Lyons, communities minister at the NIE, told the BBC’s the Nolan Show that 1,750 social homes would be started this year. This would be an increase on the previous year’s figure of 1,504 but still lower than the executive’s annual target of 2,300 homes.

Lyons said that he will “get as much money as he can” to build homes but he also needs to look at what he can do to make money go further, hence the decision in October to cut social housing grant for housing associations from 54% of the total development cost to 46%.

“If we can get more money from the executive, I’ll do everything that I can to get that”, he said. “But in the absence of that, I need to look at new ways of doing things. That’s why I have reduced the amount that a charging association will get per unit, because I want to stretch that money further. I want them to do more so that we can build more.”

“Secondly, I’m also bringing proposals to the executive to say to them, ‘if you cannot give me cash to build more homes, give me land’, because we have huge amounts of land within the public sector, and I’m saying to them, give me land so that I can build more.”

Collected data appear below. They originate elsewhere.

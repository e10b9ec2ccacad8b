-- ===== src/TestClient/Collecting.antt =====
-- ReceivePacket on a packet that a worker has sent with its header.
use game_database_server.Prelude.{
  ℕ, zero, suc, ◌-◌, ◌≤◌, ◌≡◌, refl, sym, ap, true, false, List, [], ◌∷◌, ◌++◌, ltb, ◌==◌, length,
  take, length-append, append_assoc, append-nil, arith,
}
use game_database_server.PacketManager.Defs.{is_empty}
use game_database_server.Worker.Framing.{header_of, header_lem}
use game_database_server.TestClient.Network.{Network}
use game_database_server.TestClient.Session.{
  GameServerTestClient, is_connected_client, received, receive_rest, receive_sized, receive_headed,
  receive_packet,
}

-- The bytes of the pieces in which a packet comes.
abbrev pub joined_pieces : List (List ℕ) → List ℕ
joined_pieces [] = []
joined_pieces (x ∷ pieces) = x ++ joined_pieces pieces

pub take-all : {A : Type 0} (n : ℕ) (xs : List A) → length xs ≤ n → take n xs ≡ xs
take-all zero [] h = refl
take-all zero (x ∷ xs) h = absurd (omega arith)
take-all (suc n) [] h = refl
take-all (suc n) (x ∷ xs) h = ap (λ l. x ∷ l) (take-all n xs (omega arith))

some_piece : (x : List ℕ) → 1 ≤ length x → is_empty x ≡ false
some_piece [] h = absurd (omega arith)
some_piece (b ∷ x) h = refl

zero_test : (n : ℕ) → 1 ≤ n → (n == 0) ≡ false
zero_test n h = ground arith

most_test : (n : ℕ) → n ≤ 65536 → ltb 65536 n ≡ false
most_test n h = ground arith

module _ ⦃net : Network⦄ where
  -- The calls of recv from the given one on bring these pieces, each of a byte at least.
  abbrev pub Brings : ℕ → List (List ℕ) → Type 0
  Brings k [] = Unit {0}
  Brings k (x ∷ pieces) = (net.arrives k ≡ x) × (1 ≤ length x) × Brings (suc k) pieces

  abbrev Collected : List ℕ → GameServerTestClient → List ℕ × GameServerTestClient → Type 0
  Collected bytes c x = (x.0 ≡ bytes) × (x.1.connected ≡ c.connected)

  receive_rest-piece :
      (fuel missing : ℕ) (so_far x : List ℕ) (c : GameServerTestClient)
      → net.arrives c.receives ≡ x
      → 1 ≤ length x
      → length x ≤ missing
      → receive_rest (suc fuel) missing so_far c
        ≡ receive_rest fuel (missing - length x) (so_far ++ x) (received c)
  unfolding receive_rest
  receive_rest-piece fuel zero so_far x c e h k = absurd (omega arith)
  receive_rest-piece fuel (suc missing) so_far x c e h k =
      rw (e, take-all (suc missing) x k, some_piece x h) refl

  receive_rest-Collected :
      (pieces : List (List ℕ)) (fuel missing : ℕ) (so_far : List ℕ) (c : GameServerTestClient)
      → missing ≤ fuel
      → missing ≡ length (joined_pieces pieces)
      → Brings c.receives pieces
      → Collected (so_far ++ joined_pieces pieces) c (receive_rest fuel missing so_far c)
  unfolding receive_rest
  receive_rest-Collected [] zero zero so_far c h e k = (sym (append-nil so_far), refl)
  receive_rest-Collected [] (suc fuel) zero so_far c h e k = (sym (append-nil so_far), refl)
  receive_rest-Collected [] fuel (suc missing) so_far c h e k = absurd (omega arith)
  receive_rest-Collected (x ∷ pieces) zero missing so_far c h e (brings, one, rest) =
      absurd (omega (arith, length-append x (joined_pieces pieces)))
  receive_rest-Collected (x ∷ pieces) (suc fuel) missing so_far c h e (brings, one, rest) =
      let n = length-append x (joined_pieces pieces) in
      rw
        (
          receive_rest-piece fuel missing so_far x c brings one (omega arith),
          sym (append_assoc so_far x (joined_pieces pieces)),
        )
        (receive_rest-Collected pieces fuel (missing - length x) (so_far ++ x) (received c)
          (omega arith) (omega arith) rest)

  headed_lem :
      (size : ℕ) (c : GameServerTestClient)
      → 1 ≤ size
      → size ≤ 65536
      → receive_headed (header_of size) c ≡ receive_rest size size [] c
  unfolding receive_headed receive_sized
  headed_lem size c one most =
      rw (header_lem size (omega arith), zero_test size one, most_test size most) refl

  -- A connected client that finds the header of a packet of 1 to 65536 bytes, as SendToClient writes
  -- it, and then the bytes of the packet in any pieces, returns exactly the packet and stays
  -- connected.
  pub receive_packet-collects :
      (pieces : List (List ℕ)) (c : GameServerTestClient)
      → is_connected_client c ≡ true
      → 1 ≤ length (joined_pieces pieces)
      → length (joined_pieces pieces) ≤ 65536
      → net.arrives c.receives ≡ header_of (length (joined_pieces pieces))
      → Brings (suc c.receives) pieces
      → ((receive_packet c).0 ≡ joined_pieces pieces)
        × ((receive_packet c).1.connected ≡ c.connected)
  unfolding receive_packet
  receive_packet-collects pieces c on one most header brings =
      rw (on, header, headed_lem (length (joined_pieces pieces)) (received c) one most)
        (receive_rest-Collected pieces _ _ [] (received c) (omega arith) refl brings)
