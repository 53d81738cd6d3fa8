-- ===== src/P2p.antt =====
-- src/p2p.rs: the Bitcoin wire protocol, a module for each part of the file.
pub mod Wire
pub mod Frame
pub mod Headers
pub mod Peer
pub mod Addr
pub mod Version
pub mod Socks
pub mod Session
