-- ===== src/P2p/Addr/V1.antt =====
-- The `addr` parser against the entries of the wire format (src/p2p.rs).
use bip110_crawler.Common.{
  ℕ, zero, suc, ◌+◌, ◌^◌, ◌<◌, ◌≡◌, refl, sym, ap, ◌∙◌, subst, List, [], ◌∷◌, ◌++◌, append_assoc,
  append-nil, some, length, length-append, take, drop, take-append, drop-append, min, slice,
  slice-At, slice_short, At, At-start, At-next, Bytes, to_be_bytes, from_be_bytes-to_be_bytes,
  length-to_be_bytes, All, arith,
}
use bip110_crawler.P2p.Wire.{write_varint}
use bip110_crawler.P2p.Wire.Varint.{read_varint-write_varint}
use bip110_crawler.P2p.Peer.{IpAddr, Peer, ip_to_16}
use bip110_crawler.P2p.Peer.Mapped.{IsPlain, ip16_to_addr-ip_to_16}
use bip110_crawler.P2p.Addr.{port_or, addr_entry, parse_addr_loop, parse_addr}

-- An entry of an `addr` message: time and services, address, port.
pub record Entry : Type 0 where
  pub meta : Bytes
  pub ip : IpAddr
  pub port : ℕ

pub record IsEntry (e : Entry) : Type 0 where
  pub meta_width : length e.meta ≡ 12
  pub plain : IsPlain e.ip
  pub port_fits : e.port < 2 ^ 16

abbrev pub entry_bytes : Entry → Bytes
entry_bytes e = e.meta ++ (ip_to_16 e.ip ++ to_be_bytes 2 e.port)

abbrev pub entries : List Entry → Bytes
entries [] = []
entries (e ∷ es) = entry_bytes e ++ entries es

-- The peer that an entry names: port 0 stands for the network's default port.
abbrev pub peers : ℕ → List Entry → List Peer
peers default_port [] = []
peers default_port (e ∷ es) =
    Peer.clearnet e.ip (port_or default_port e.port) ∷ peers default_port es

length-ip_to_16 : (ip : IpAddr) → IsPlain ip → length (ip_to_16 ip) ≡ 16
unfolding ip_to_16
length-ip_to_16 (IpAddr.v4 octets) h = omega arith
length-ip_to_16 (IpAddr.v6 octets) h = h.0

part :
    (s n : ℕ) (pre xs rest : Bytes)
    → length pre ≡ s
    → length xs ≡ n
    → take n (drop s (pre ++ (xs ++ rest))) ≡ xs
part s n pre xs rest e e' = rw (← e, ← e', drop-append pre (xs ++ rest), take-append xs rest)

module _ (default_port : ℕ) (e : Entry) (is : IsEntry e) where
  length-entry_bytes : length (entry_bytes e) ≡ 30
  length-entry_bytes = omega (
    arith,
    is.meta_width,
    length-append e.meta (ip_to_16 e.ip ++ to_be_bytes 2 e.port),
    length-append (ip_to_16 e.ip) (to_be_bytes 2 e.port),
    length-ip_to_16 e.ip is.plain,
    length-to_be_bytes 2 e.port,
  )

  entry_ip : take 16 (drop 12 (entry_bytes e)) ≡ ip_to_16 e.ip
  entry_ip = part 12 16 e.meta (ip_to_16 e.ip) _ is.meta_width (length-ip_to_16 e.ip is.plain)

  entry_port : take 2 (drop 28 (entry_bytes e)) ≡ to_be_bytes 2 e.port
  entry_port =
      ap (λ b. take 2 (drop 28 b))
        (sym (append_assoc e.meta (ip_to_16 e.ip) (to_be_bytes 2 e.port))
          ∙ ap (λ b. (e.meta ++ ip_to_16 e.ip) ++ b) (sym (append-nil (to_be_bytes 2 e.port))))
      ∙ part 28 2 (e.meta ++ ip_to_16 e.ip) (to_be_bytes 2 e.port) [] before
          (length-to_be_bytes 2 e.port)
    where
      before : length (e.meta ++ ip_to_16 e.ip) ≡ 28
      before = omega (
        arith,
        is.meta_width,
        length-append e.meta (ip_to_16 e.ip),
        length-ip_to_16 e.ip is.plain,
      )

  addr_entry-entry_bytes :
      addr_entry default_port (entry_bytes e)
      ≡ Peer.clearnet e.ip (port_or default_port e.port) ∷ []
  unfolding addr_entry
  addr_entry-entry_bytes =
      rw
        (
          entry_ip,
          ip16_to_addr-ip_to_16 e.ip is.plain,
          addr_entry,
          entry_port,
          from_be_bytes-to_be_bytes 2 e.port is.port_fits,
        )
        refl

loop-entries :
    (default_port count : ℕ) (es : List Entry) {payload : Bytes} {at : ℕ}
    → All IsEntry es
    → At payload at (entries es)
    → parse_addr_loop default_port count payload at ≡ peers default_port (take count es)
unfolding parse_addr_loop
loop-entries d zero es a c = refl
loop-entries d (suc count) [] a c = rw (slice_short 30 [] c (omega arith), parse_addr_loop) refl
loop-entries d (suc count) (e ∷ es) {payload} {at} (is, a) c =
    let found : slice payload at (at + 30) ≡ some (entry_bytes e) =
      subst (λ (n : ℕ). slice payload at (at + n) ≡ some (entry_bytes e))
        (length-entry_bytes d e is) (slice-At (entry_bytes e) _ c) in
    let next : At payload (at + 30) (entries es) =
      subst (λ (n : ℕ). At payload (at + n) (entries es)) (length-entry_bytes d e is)
        (At-next (entry_bytes e) _ c) in
    rw (found, parse_addr_loop, addr_entry-entry_bytes d e is)
      (ap (λ r. Peer.clearnet e.ip (port_or d e.port) ∷ r) (loop-entries d count es a next))

-- From an `addr` message that announces `count` and carries `es`, the first `count` entries are
-- taken, 1,000 at most: each gives the clearnet peer of its address, IPv4-mapped or not, and its
-- port, with the default port for port 0.
pub parse_addr-entries :
    (default_port count : ℕ) (es : List Entry)
    → count < 2 ^ 64
    → All IsEntry es
    → parse_addr (write_varint [] count ++ entries es) default_port
      ≡ peers default_port (take (min count 1000) es)
unfolding parse_addr
parse_addr-entries default_port count es small a =
    let start = At-start (write_varint [] count ++ entries es) in
    rw (read_varint-write_varint count (entries es) small start, parse_addr)
      (loop-entries default_port (min count 1000) es a (At-next (write_varint [] count) _ start))
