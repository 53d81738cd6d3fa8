-- ===== src/Rpc/Coinbase/Tag/Printing.antt =====
-- What the steps to a coinbase tag keep is printable (src/rpc.rs).
use bip110_crawler.Common.{
  ℕ, zero, suc, ◌+◌, ◌≡◌, inl, inr, subst, Bool, true, List, [], ◌∷◌, ◌++◌, some, ltb, ◌==◌, length,
  get_elem?, All, All-append, skip_while, Bool-cases, Text, Bytes,
}
use mathlib.Core.List.{reverse, reverse-append}
use mathlib.Core.Option.{some-injective}
use bip110_crawler.Crawler.Tasks.{is_empty}
use bip110_crawler.Rpc.Coinbase.{
  is_printable, runs_of, best_run, split_slash, is_wrapper, clean_tag, segments_of,
}

abbrev pub Printable : Text → Type 0
Printable = All (λ c. is_printable c ≡ true)

pub runs_of-Printable :
    (bytes : Bytes) (cur : Text) → Printable cur → All Printable (runs_of bytes cur)
unfolding runs_of
runs_of-Printable [] cur h = elim (Bool-cases (is_empty cur)) [
  | inl e ↦ rw (e, runs_of) tt
  | inr e ↦ rw (e, runs_of) (h, tt)
]
runs_of-Printable (b ∷ bytes) cur h = elim (Bool-cases (is_printable b)) [
  | inl y ↦
      rw (y, runs_of)
        (runs_of-Printable bytes (cur ++ b ∷ []) (All-append _ cur (b ∷ []) h (y, tt)))
  | inr n ↦ elim (Bool-cases (is_empty cur)) [
    | inl e ↦ rw (n, runs_of, e) (runs_of-Printable bytes [] tt)
    | inr e ↦ rw (n, runs_of, e) (h, runs_of-Printable bytes [] tt)
  ]
]

pub best_run-Printable :
    (runs : List Text) (i : ℕ) (best : ℕ × Text)
    → All Printable runs
    → Printable best.1
    → Printable (best_run runs i best).1
unfolding best_run
best_run-Printable [] i best a h = h
best_run-Printable (r ∷ runs) i best a h = elim (Bool-cases (ltb (length best.1) (length r))) [
  | inl y ↦ rw (y, best_run) (best_run-Printable runs (i + 1) (i, r) a.1 a.0)
  | inr n ↦ rw (n, best_run) (best_run-Printable runs (i + 1) best a.1 h)
]

pub split_slash-Printable :
    (s cur : Text) → Printable s → Printable cur → All Printable (split_slash s cur)
unfolding split_slash
split_slash-Printable [] cur a h = (h, tt)
split_slash-Printable (c ∷ s) cur a h = elim (Bool-cases (c == b'/')) [
  | inl y ↦ rw (y, split_slash) (h, split_slash-Printable s [] a.1 tt)
  | inr n ↦
      rw (n, split_slash)
        (split_slash-Printable s (cur ++ c ∷ []) a.1 (All-append _ cur (c ∷ []) h (a.0, tt)))
]

reverse-Printable : (s : Text) → Printable s → Printable (reverse s)
reverse-Printable [] h = tt
reverse-Printable (c ∷ s) h =
    rw (reverse-append (c ∷ []) s)
      (All-append _ (reverse s) (c ∷ []) (reverse-Printable s h.1) (h.0, tt))

skip_while-Printable : (p : ℕ → Bool) (s : Text) → Printable s → Printable (skip_while p s)
unfolding skip_while
skip_while-Printable p [] h = tt
skip_while-Printable p (c ∷ s) h = elim (Bool-cases (p c)) [
  | inl y ↦ rw (y, skip_while) (skip_while-Printable p s h.1)
  | inr n ↦ rw (n, skip_while) h
]

pub clean_tag-Printable : (s : Text) → Printable s → Printable (clean_tag s)
unfolding clean_tag
clean_tag-Printable s h =
    reverse-Printable _ (
      skip_while-Printable is_wrapper _ (reverse-Printable _ (skip_while-Printable is_wrapper s h)))

pub segments_of-Printable :
    (parts : List Text) → All Printable parts → All Printable (segments_of parts)
unfolding segments_of
segments_of-Printable [] a = tt
segments_of-Printable (s ∷ parts) a = elim (Bool-cases (is_empty (clean_tag s))) [
  | inl y ↦ rw (y, segments_of) (segments_of-Printable parts a.1)
  | inr n ↦ rw (n, segments_of) (clean_tag-Printable s a.0, segments_of-Printable parts a.1)
]

pub element-Printable :
    (segments : List Text) (i : ℕ) (s : Text)
    → All Printable segments
    → get_elem? segments i ≡ some s
    → Printable s
element-Printable [] i s a e = absurd (cc)
element-Printable (x ∷ segments) zero s a e = subst Printable (some-injective _ _ e) a.0
element-Printable (x ∷ segments) (suc i) s a e = element-Printable segments i s a.1 e
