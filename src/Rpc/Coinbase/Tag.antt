-- ===== src/Rpc/Coinbase/Tag.antt =====
-- A tag is short and printable, whatever the coinbase holds (src/rpc.rs).
pub mod Printing
use bip110_crawler.Common.{
  ℕ, zero, suc, ◌+◌, ◌≤◌, ◌≡◌, ◌⊎◌, inl, inr, refl, subst, Bool, true, not, ◌&&◌, ◌||◌, List, [],
  ◌∷◌, ◌++◌, Option, none, some, ltb, leb, ◌==◌, length, length-append, length-take, take, drop,
  get_elem?, All, All-append, All-take, All-drop, skip_while, Bool-cases, Option-cases, Text, codes,
  Bytes, arith,
}
use mathlib.Core.List.{reverse, reverse-append}
use mathlib.Core.Option.{some-injective}
use bip110_crawler.Crawler.Tasks.{is_empty}
use bip110_crawler.Rpc.Coinbase.{
  hex_pairs, is_printable, runs_of, best_run, split_slash, is_wrapper, clean_tag, segments_of,
  position_from, find_long, other_run, pool_of, miner_of, separator, same_letters, join_tag, tag_of,
  parse_coinbase_tag,
}
use bip110_crawler.Rpc.Coinbase.Tag.Printing.{
  Printable, runs_of-Printable, best_run-Printable, split_slash-Printable, clean_tag-Printable,
  segments_of-Printable, element-Printable,
}

-- A miner's tag that may be missing.
abbrev Shown : Option Text → Type 0
Shown none = Unit
Shown (some m) = Printable m

find_long-Shown : (segments : List Text) → All Printable segments → Shown (find_long segments)
unfolding find_long
find_long-Shown [] a = tt
find_long-Shown (s ∷ segments) a = elim (Bool-cases (leb 4 (length s))) [
  | inl y ↦ rw (y, find_long) a.0
  | inr n ↦ rw (n, find_long) (find_long-Shown segments a.1)
]

other_run-Shown :
    (best_idx : ℕ) (runs : List Text) (i : ℕ)
    → All Printable runs
    → Shown (other_run best_idx runs i)
unfolding other_run
other_run-Shown best_idx [] i a = tt
other_run-Shown best_idx (r ∷ runs) i a =
    elim (Bool-cases (not (i == best_idx) && leb 4 (length (clean_tag r)))) [
      | inl y ↦ rw (y, other_run) (clean_tag-Printable r a.0)
      | inr n ↦ rw (n, other_run) (other_run-Shown best_idx runs (i + 1) a.1)
    ]

-- At most 67 characters: each is printable ASCII, or the middle dot of the separator.
pub record IsTag (s : Text) : Type 0 where
  pub short : length s ≤ 67
  pub shown : All (λ c. (is_printable c ≡ true) ⊎ (c ≡ 0xB7)) s

Printable-shown : (s : Text) → Printable s → All (λ c. (is_printable c ≡ true) ⊎ (c ≡ 0xB7)) s
Printable-shown [] h = tt
Printable-shown (c ∷ s) h = (inl h.0, Printable-shown s h.1)

join_tag-IsTag :
    (pool : Text) (miner : Option Text)
    → length pool ≤ 32
    → Printable pool
    → Shown miner
    → IsTag (join_tag pool miner)
unfolding join_tag is_printable
join_tag-IsTag pool none l p m = record { short = omega arith; shown = Printable-shown pool p }
join_tag-IsTag pool (some m) l p q =
    elim (Bool-cases (not (is_empty m) && not (same_letters m pool))) [
      | inr n ↦ rw (n, join_tag) (record { short = omega arith; shown = Printable-shown pool p })
      | inl y ↦
          rw (y, join_tag)
            (record {
              short = omega (
                arith,
                length-append pool (separator ++ take 32 m),
                length-append separator (take 32 m),
                length-take 32 m,
              );
              shown = All-append _ pool (separator ++ take 32 m) (Printable-shown pool p) (
                inl refl,
                (
                  inr refl,
                  (
                    inl refl,
                    Printable-shown (take 32 m) (All-take (λ c. is_printable c ≡ true) 32 m q),
                  ),
                ),
              );
            })
    ]

pool_of-Printable :
    (best : Text) (segments : List Text)
    → Printable best
    → All Printable segments
    → Printable (pool_of best segments)
unfolding pool_of
pool_of-Printable best segments b a =
    elim (Option-cases (get_elem? segments (position_from 0 segments))) [
      | inl e ↦
          rw (e, pool_of)
            (All-take (λ c. is_printable c ≡ true) 32 (clean_tag best) (clean_tag-Printable best b))
      | inr (s, e) ↦
          rw (e, pool_of)
            (All-take (λ c. is_printable c ≡ true) 32 s
              (element-Printable segments (position_from 0 segments) s a e))
    ]

length-pool_of : (best : Text) (segments : List Text) → length (pool_of best segments) ≤ 32
unfolding pool_of
length-pool_of best segments = omega (
  arith,
  length-take {A = ℕ} 32
      (elim (get_elem? segments (position_from 0 segments)) [ none ↦ clean_tag best | some s ↦ s ]),
)

miner_of-Shown :
    (pool : Text) (segments runs : List Text) (best_idx : ℕ)
    → All Printable segments
    → All Printable runs
    → Shown (miner_of pool segments runs best_idx)
unfolding miner_of
miner_of-Shown pool segments runs best_idx a b =
    elim (Bool-cases (same_letters pool (codes "OCEAN.XYZ") || same_letters pool (codes "OCEAN"))) [
      | inr n ↦ rw (n, miner_of) tt
      | inl y ↦
          let later = drop (position_from 0 segments + 1) segments in
          let ok_later =
            find_long-Shown later (All-drop Printable (position_from 0 segments + 1) segments a) in
          elim (Option-cases (find_long later)) [
            | inl e ↦ rw (y, miner_of, e) (other_run-Shown best_idx runs 0 b)
            | inr (s, e) ↦ rw (y, miner_of, e) (subst Shown e ok_later)
          ]
    ]

tag_of-IsTag : (runs : List Text) → All Printable runs → IsTag (tag_of runs)
unfolding tag_of
tag_of-IsTag [] a = record { short = omega arith; shown = tt }
tag_of-IsTag (r ∷ runs) a =
    let best = best_run (r ∷ runs) 0 (0, r) in
    let segments = segments_of (split_slash best.1 []) in
    let b = best_run-Printable (r ∷ runs) 0 (0, r) a a.0 in
    let s = segments_of-Printable (split_slash best.1 []) (split_slash-Printable best.1 [] b tt) in
    let pool = pool_of best.1 segments in
    join_tag-IsTag pool (miner_of pool segments (r ∷ runs) best.0) (length-pool_of best.1 segments)
      (pool_of-Printable best.1 segments b s) (miner_of-Shown pool segments (r ∷ runs) best.0 s a)

-- Whatever the coinbase script holds, its tag has at most 67 characters, each of them printable
-- ASCII or the middle dot of the separator.
pub parse_coinbase_tag-IsTag : (sig_hex : Text) → IsTag (parse_coinbase_tag sig_hex)
unfolding parse_coinbase_tag
parse_coinbase_tag-IsTag sig_hex =
    tag_of-IsTag (runs_of (hex_pairs sig_hex) []) (runs_of-Printable (hex_pairs sig_hex) [] tt)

Lyons also said the housing executive is using reserves to buy 600 more homes to ease temporary accommodation pressures along with introducing intermediate rent for lower income households in addition to previously securing extra funding from the executive to increase social housing delivery.

Lyons said: “We’re doing what we can with what we have. At the start of this year, we thought we’d be in the position to build 1,000 social homes but I lobbied and secured extra funding and now we’re only just short of our target.”

Lyons was responding to on-air to criticism from Sean Harkin, a councillor for hard-left political party People Before Profit. Harkin said Lyons does not “have a serious plan” to tackle Northern Ireland’s housing crisis and should be sacked.